Dataset extract
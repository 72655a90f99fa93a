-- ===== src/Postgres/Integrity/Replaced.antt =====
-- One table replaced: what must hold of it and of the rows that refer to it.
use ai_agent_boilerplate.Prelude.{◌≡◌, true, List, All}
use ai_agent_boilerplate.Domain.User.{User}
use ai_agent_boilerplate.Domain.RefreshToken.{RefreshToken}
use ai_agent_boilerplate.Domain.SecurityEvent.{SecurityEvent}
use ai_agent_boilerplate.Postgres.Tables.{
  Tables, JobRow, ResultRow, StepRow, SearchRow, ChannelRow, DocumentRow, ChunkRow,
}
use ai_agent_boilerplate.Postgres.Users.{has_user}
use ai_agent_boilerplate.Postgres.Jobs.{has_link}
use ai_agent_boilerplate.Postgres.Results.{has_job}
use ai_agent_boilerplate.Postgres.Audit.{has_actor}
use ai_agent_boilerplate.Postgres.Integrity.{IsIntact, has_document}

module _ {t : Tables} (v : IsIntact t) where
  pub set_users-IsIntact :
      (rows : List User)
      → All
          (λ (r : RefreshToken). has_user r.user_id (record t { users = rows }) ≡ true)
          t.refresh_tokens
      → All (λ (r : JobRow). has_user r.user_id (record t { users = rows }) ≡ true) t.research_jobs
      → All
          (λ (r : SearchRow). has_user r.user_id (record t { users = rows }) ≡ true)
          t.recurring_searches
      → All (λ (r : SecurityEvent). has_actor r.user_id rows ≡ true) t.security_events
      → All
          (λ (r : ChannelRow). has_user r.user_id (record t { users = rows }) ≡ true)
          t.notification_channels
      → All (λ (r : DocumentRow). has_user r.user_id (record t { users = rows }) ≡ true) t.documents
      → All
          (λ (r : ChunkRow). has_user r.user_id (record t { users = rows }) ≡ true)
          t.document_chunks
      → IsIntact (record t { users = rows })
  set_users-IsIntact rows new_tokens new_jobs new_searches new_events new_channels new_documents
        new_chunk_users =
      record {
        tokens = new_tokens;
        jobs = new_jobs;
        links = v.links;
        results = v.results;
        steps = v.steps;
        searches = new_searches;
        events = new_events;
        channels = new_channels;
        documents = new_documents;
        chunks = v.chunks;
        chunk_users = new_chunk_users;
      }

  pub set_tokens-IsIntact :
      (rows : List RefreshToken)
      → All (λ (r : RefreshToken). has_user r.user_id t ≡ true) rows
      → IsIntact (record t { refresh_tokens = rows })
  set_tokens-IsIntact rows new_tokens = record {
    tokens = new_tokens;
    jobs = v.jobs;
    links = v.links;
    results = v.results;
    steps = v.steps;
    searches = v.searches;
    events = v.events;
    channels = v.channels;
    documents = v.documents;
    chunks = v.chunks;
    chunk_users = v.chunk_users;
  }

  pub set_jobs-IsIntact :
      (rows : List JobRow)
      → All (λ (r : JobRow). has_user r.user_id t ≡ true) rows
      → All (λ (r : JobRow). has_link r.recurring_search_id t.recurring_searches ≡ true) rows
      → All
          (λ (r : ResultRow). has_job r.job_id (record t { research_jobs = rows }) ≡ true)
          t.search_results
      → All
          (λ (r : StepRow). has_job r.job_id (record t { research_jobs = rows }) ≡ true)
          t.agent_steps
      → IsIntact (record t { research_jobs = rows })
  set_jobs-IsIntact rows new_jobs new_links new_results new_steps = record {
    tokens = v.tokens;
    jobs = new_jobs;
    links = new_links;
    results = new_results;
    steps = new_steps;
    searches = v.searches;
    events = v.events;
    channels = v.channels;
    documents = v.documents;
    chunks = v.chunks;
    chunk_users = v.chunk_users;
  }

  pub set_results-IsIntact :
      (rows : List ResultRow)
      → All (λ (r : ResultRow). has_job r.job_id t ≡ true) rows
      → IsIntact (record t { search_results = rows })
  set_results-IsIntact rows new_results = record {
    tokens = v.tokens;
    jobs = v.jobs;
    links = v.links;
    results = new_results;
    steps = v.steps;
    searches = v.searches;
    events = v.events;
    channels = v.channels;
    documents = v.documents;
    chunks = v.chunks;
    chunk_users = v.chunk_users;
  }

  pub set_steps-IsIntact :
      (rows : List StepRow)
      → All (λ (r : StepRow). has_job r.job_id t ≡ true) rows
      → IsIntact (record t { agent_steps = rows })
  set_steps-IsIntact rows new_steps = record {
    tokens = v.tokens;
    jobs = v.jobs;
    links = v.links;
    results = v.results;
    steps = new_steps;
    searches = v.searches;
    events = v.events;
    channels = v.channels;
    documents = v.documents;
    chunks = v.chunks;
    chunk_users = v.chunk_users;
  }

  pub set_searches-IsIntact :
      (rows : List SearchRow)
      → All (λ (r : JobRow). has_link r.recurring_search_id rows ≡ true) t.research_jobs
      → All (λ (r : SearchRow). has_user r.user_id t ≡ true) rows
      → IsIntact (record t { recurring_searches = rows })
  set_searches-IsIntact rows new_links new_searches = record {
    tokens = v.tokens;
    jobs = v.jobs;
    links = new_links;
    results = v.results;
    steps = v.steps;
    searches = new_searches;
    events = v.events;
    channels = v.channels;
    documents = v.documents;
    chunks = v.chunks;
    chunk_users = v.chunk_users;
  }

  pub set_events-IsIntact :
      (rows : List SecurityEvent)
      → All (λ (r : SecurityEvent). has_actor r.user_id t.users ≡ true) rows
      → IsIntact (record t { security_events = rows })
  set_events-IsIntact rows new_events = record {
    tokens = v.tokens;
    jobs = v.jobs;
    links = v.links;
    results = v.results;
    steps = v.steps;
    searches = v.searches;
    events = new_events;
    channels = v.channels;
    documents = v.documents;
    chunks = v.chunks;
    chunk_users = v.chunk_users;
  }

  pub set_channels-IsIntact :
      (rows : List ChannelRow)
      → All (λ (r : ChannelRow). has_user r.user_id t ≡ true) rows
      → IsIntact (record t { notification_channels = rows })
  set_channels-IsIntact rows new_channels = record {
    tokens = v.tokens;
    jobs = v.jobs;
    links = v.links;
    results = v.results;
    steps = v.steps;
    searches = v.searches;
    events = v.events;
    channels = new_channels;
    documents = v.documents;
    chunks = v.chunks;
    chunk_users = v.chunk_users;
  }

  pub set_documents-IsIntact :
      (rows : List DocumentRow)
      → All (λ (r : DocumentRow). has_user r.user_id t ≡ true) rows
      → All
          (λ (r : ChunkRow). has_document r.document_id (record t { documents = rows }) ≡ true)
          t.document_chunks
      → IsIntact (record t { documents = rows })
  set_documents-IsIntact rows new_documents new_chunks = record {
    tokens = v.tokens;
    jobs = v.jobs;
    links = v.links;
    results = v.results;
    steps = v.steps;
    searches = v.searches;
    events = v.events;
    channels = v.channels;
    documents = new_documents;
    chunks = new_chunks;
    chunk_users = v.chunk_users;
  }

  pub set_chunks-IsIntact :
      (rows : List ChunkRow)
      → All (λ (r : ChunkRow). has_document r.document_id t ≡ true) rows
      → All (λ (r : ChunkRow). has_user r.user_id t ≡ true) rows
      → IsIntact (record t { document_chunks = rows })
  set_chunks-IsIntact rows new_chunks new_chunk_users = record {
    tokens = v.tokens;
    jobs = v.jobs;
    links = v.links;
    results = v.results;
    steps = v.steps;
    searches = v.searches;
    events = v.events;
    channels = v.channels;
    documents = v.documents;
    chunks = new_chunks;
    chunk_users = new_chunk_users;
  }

Exercise prompt
Give back all the material, with each line exactly as it stands.

Solved exercise
repository 72655a90f99fa93a
-- ===== src/Postgres/Integrity/Replaced.antt =====
-- One table replaced: what must hold of it and of the rows that refer to it.
use ai_agent_boilerplate.Prelude.{◌≡◌, true, List, All}
use ai_agent_boilerplate.Domain.User.{User}
use ai_agent_boilerplate.Domain.RefreshToken.{RefreshToken}
use ai_agent_boilerplate.Domain.SecurityEvent.{SecurityEvent}
use ai_agent_boilerplate.Postgres.Tables.{
  Tables, JobRow, ResultRow, StepRow, SearchRow, ChannelRow, DocumentRow, ChunkRow,
}
use ai_agent_boilerplate.Postgres.Users.{has_user}
use ai_agent_boilerplate.Postgres.Jobs.{has_link}
use ai_agent_boilerplate.Postgres.Results.{has_job}
use ai_agent_boilerplate.Postgres.Audit.{has_actor}
use ai_agent_boilerplate.Postgres.Integrity.{IsIntact, has_document}

module _ {t : Tables} (v : IsIntact t) where
  pub set_users-IsIntact :
      (rows : List User)
      → All
          (λ (r : RefreshToken). has_user r.user_id (record t { users = rows }) ≡ true)
          t.refresh_tokens
      → All (λ (r : JobRow). has_user r.user_id (record t { users = rows }) ≡ true) t.research_jobs
      → All
          (λ (r : SearchRow). has_user r.user_id (record t { users = rows }) ≡ true)
          t.recurring_searches
      → All (λ (r : SecurityEvent). has_actor r.user_id rows ≡ true) t.security_events
      → All
          (λ (r : ChannelRow). has_user r.user_id (record t { users = rows }) ≡ true)
          t.notification_channels
      → All (λ (r : DocumentRow). has_user r.user_id (record t { users = rows }) ≡ true) t.documents
      → All
          (λ (r : ChunkRow). has_user r.user_id (record t { users = rows }) ≡ true)
          t.document_chunks
      → IsIntact (record t { users = rows })
  set_users-IsIntact rows new_tokens new_jobs new_searches new_events new_channels new_documents
        new_chunk_users =
      record {
        tokens = new_tokens;
        jobs = new_jobs;
        links = v.links;
        results = v.results;
        steps = v.steps;
        searches = new_searches;
        events = new_events;
        channels = new_channels;
        documents = new_documents;
        chunks = v.chunks;
        chunk_users = new_chunk_users;
      }

  pub set_tokens-IsIntact :
      (rows : List RefreshToken)
      → All (λ (r : RefreshToken). has_user r.user_id t ≡ true) rows
      → IsIntact (record t { refresh_tokens = rows })
  set_tokens-IsIntact rows new_tokens = record {
    tokens = new_tokens;
    jobs = v.jobs;
    links = v.links;
    results = v.results;
    steps = v.steps;
    searches = v.searches;
    events = v.events;
    channels = v.channels;
    documents = v.documents;
    chunks = v.chunks;
    chunk_users = v.chunk_users;
  }

  pub set_jobs-IsIntact :
      (rows : List JobRow)
      → All (λ (r : JobRow). has_user r.user_id t ≡ true) rows
      → All (λ (r : JobRow). has_link r.recurring_search_id t.recurring_searches ≡ true) rows
      → All
          (λ (r : ResultRow). has_job r.job_id (record t { research_jobs = rows }) ≡ true)
          t.search_results
      → All
          (λ (r : StepRow). has_job r.job_id (record t { research_jobs = rows }) ≡ true)
          t.agent_steps
      → IsIntact (record t { research_jobs = rows })
  set_jobs-IsIntact rows new_jobs new_links new_results new_steps = record {
    tokens = v.tokens;
    jobs = new_jobs;
    links = new_links;
    results = new_results;
    steps = new_steps;
    searches = v.searches;
    events = v.events;
    channels = v.channels;
    documents = v.documents;
    chunks = v.chunks;
    chunk_users = v.chunk_users;
  }

  pub set_results-IsIntact :
      (rows : List ResultRow)
      → All (λ (r : ResultRow). has_job r.job_id t ≡ true) rows
      → IsIntact (record t { search_results = rows })
  set_results-IsIntact rows new_results = record {
    tokens = v.tokens;
    jobs = v.jobs;
    links = v.links;
    results = new_results;
    steps = v.steps;
    searches = v.searches;
    events = v.events;
    channels = v.channels;
    documents = v.documents;
    chunks = v.chunks;
    chunk_users = v.chunk_users;
  }

  pub set_steps-IsIntact :
      (rows : List StepRow)
      → All (λ (r : StepRow). has_job r.job_id t ≡ true) rows
      → IsIntact (record t { agent_steps = rows })
  set_steps-IsIntact rows new_steps = record {
    tokens = v.tokens;
    jobs = v.jobs;
    links = v.links;
    results = v.results;
    steps = new_steps;
    searches = v.searches;
    events = v.events;
    channels = v.channels;
    documents = v.documents;
    chunks = v.chunks;
    chunk_users = v.chunk_users;
  }

  pub set_searches-IsIntact :
      (rows : List SearchRow)
      → All (λ (r : JobRow). has_link r.recurring_search_id rows ≡ true) t.research_jobs
      → All (λ (r : SearchRow). has_user r.user_id t ≡ true) rows
      → IsIntact (record t { recurring_searches = rows })
  set_searches-IsIntact rows new_links new_searches = record {
    tokens = v.tokens;
    jobs = v.jobs;
    links = new_links;
    results = v.results;
    steps = v.steps;
    searches = new_searches;
    events = v.events;
    channels = v.channels;
    documents = v.documents;
    chunks = v.chunks;
    chunk_users = v.chunk_users;
  }

  pub set_events-IsIntact :
      (rows : List SecurityEvent)
      → All (λ (r : SecurityEvent). has_actor r.user_id t.users ≡ true) rows
      → IsIntact (record t { security_events = rows })
  set_events-IsIntact rows new_events = record {
    tokens = v.tokens;
    jobs = v.jobs;
    links = v.links;
    results = v.results;
    steps = v.steps;
    searches = v.searches;
    events = new_events;
    channels = v.channels;
    documents = v.documents;
    chunks = v.chunks;
    chunk_users = v.chunk_users;
  }

  pub set_channels-IsIntact :
      (rows : List ChannelRow)
      → All (λ (r : ChannelRow). has_user r.user_id t ≡ true) rows
      → IsIntact (record t { notification_channels = rows })
  set_channels-IsIntact rows new_channels = record {
    tokens = v.tokens;
    jobs = v.jobs;
    links = v.links;
    results = v.results;
    steps = v.steps;
    searches = v.searches;
    events = v.events;
    channels = new_channels;
    documents = v.documents;
    chunks = v.chunks;
    chunk_users = v.chunk_users;
  }

  pub set_documents-IsIntact :
      (rows : List DocumentRow)
      → All (λ (r : DocumentRow). has_user r.user_id t ≡ true) rows
      → All
          (λ (r : ChunkRow). has_document r.document_id (record t { documents = rows }) ≡ true)
          t.document_chunks
      → IsIntact (record t { documents = rows })
  set_documents-IsIntact rows new_documents new_chunks = record {
    tokens = v.tokens;
    jobs = v.jobs;
    links = v.links;
    results = v.results;
    steps = v.steps;
    searches = v.searches;
    events = v.events;
    channels = v.channels;
    documents = new_documents;
    chunks = new_chunks;
    chunk_users = v.chunk_users;
  }

  pub set_chunks-IsIntact :
      (rows : List ChunkRow)
      → All (λ (r : ChunkRow). has_document r.document_id t ≡ true) rows
      → All (λ (r : ChunkRow). has_user r.user_id t ≡ true) rows
      → IsIntact (record t { document_chunks = rows })
  set_chunks-IsIntact rows new_chunks new_chunk_users = record {
    tokens = v.tokens;
    jobs = v.jobs;
    links = v.links;
    results = v.results;
    steps = v.steps;
    searches = v.searches;
    events = v.events;
    channels = v.channels;
    documents = v.documents;
    chunks = new_chunks;
    chunk_users = new_chunk_users;
  }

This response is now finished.